Dataset entries:
-=-=-
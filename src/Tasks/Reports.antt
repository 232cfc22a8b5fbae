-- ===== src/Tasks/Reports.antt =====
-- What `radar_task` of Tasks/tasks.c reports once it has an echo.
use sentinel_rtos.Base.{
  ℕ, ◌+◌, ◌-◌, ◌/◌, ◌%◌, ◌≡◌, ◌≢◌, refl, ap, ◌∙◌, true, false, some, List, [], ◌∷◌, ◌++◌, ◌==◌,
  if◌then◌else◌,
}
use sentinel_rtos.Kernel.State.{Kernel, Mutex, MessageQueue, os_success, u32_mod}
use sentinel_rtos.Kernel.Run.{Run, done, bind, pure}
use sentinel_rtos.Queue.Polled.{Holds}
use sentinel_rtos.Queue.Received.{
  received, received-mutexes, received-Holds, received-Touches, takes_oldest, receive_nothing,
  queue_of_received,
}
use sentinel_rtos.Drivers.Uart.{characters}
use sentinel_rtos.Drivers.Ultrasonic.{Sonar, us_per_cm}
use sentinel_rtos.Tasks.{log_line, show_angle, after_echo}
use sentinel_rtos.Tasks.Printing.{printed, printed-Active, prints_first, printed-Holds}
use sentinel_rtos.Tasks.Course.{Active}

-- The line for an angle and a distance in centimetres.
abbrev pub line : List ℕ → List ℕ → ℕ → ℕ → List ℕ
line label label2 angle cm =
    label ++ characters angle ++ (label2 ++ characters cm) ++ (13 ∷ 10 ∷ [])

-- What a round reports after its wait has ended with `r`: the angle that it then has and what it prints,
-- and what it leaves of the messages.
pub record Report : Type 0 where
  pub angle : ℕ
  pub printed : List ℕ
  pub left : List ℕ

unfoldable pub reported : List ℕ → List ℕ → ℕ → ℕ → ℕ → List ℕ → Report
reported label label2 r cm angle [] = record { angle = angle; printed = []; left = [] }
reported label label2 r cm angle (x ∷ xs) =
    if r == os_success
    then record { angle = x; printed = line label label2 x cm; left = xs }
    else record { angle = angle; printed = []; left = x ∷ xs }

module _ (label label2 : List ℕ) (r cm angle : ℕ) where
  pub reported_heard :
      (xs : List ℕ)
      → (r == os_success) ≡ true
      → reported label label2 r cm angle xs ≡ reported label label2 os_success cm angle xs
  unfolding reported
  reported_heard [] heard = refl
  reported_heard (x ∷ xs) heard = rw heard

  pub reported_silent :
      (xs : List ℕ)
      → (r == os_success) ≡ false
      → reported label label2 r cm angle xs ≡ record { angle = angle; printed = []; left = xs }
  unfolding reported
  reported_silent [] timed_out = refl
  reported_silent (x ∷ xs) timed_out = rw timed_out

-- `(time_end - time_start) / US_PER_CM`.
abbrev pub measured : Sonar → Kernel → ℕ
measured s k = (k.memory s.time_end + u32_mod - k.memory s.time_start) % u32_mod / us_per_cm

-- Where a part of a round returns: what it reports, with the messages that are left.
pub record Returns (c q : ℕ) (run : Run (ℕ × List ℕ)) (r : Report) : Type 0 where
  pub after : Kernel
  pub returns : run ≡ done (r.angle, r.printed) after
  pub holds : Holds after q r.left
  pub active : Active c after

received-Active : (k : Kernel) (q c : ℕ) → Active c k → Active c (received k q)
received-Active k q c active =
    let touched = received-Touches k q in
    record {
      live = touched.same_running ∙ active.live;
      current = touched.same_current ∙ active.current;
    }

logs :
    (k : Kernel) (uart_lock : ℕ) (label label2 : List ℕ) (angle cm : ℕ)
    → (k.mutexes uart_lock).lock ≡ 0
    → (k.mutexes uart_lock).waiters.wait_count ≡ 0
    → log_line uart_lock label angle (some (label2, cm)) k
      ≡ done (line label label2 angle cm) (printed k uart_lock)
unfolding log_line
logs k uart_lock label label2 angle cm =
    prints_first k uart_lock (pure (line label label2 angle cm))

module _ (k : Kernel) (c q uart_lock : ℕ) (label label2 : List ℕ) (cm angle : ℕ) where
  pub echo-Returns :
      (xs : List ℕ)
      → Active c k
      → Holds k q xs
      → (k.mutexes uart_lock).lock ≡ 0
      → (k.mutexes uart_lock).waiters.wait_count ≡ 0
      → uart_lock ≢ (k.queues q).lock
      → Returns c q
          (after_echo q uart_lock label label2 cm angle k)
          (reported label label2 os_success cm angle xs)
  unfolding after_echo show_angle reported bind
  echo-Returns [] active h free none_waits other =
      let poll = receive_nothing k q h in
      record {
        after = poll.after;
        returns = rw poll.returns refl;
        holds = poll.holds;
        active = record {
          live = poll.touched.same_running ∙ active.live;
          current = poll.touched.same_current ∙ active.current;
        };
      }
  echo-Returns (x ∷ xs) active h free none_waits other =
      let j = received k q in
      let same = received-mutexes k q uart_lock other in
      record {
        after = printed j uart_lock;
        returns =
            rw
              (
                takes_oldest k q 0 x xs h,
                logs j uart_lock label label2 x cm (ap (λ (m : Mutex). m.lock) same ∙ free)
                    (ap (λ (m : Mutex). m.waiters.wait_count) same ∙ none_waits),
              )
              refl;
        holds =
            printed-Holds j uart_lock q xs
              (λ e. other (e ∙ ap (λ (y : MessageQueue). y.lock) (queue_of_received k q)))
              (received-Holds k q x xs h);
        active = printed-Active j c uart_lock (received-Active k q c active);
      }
-=-=-
▶ WORK INSTRUCTIONS:
Would you copy every line of the entries that includes the word "Kernel"?

▶ SOLUTION TO THE PROBLEM:
use sentinel_rtos.Kernel.State.{Kernel, Mutex, MessageQueue, os_success, u32_mod}
use sentinel_rtos.Kernel.Run.{Run, done, bind, pure}
abbrev pub measured : Sonar → Kernel → ℕ
  pub after : Kernel
received-Active : (k : Kernel) (q c : ℕ) → Active c k → Active c (received k q)
    (k : Kernel) (uart_lock : ℕ) (label label2 : List ℕ) (angle cm : ℕ)
module _ (k : Kernel) (c q uart_lock : ℕ) (label label2 : List ℕ) (cm angle : ℕ) where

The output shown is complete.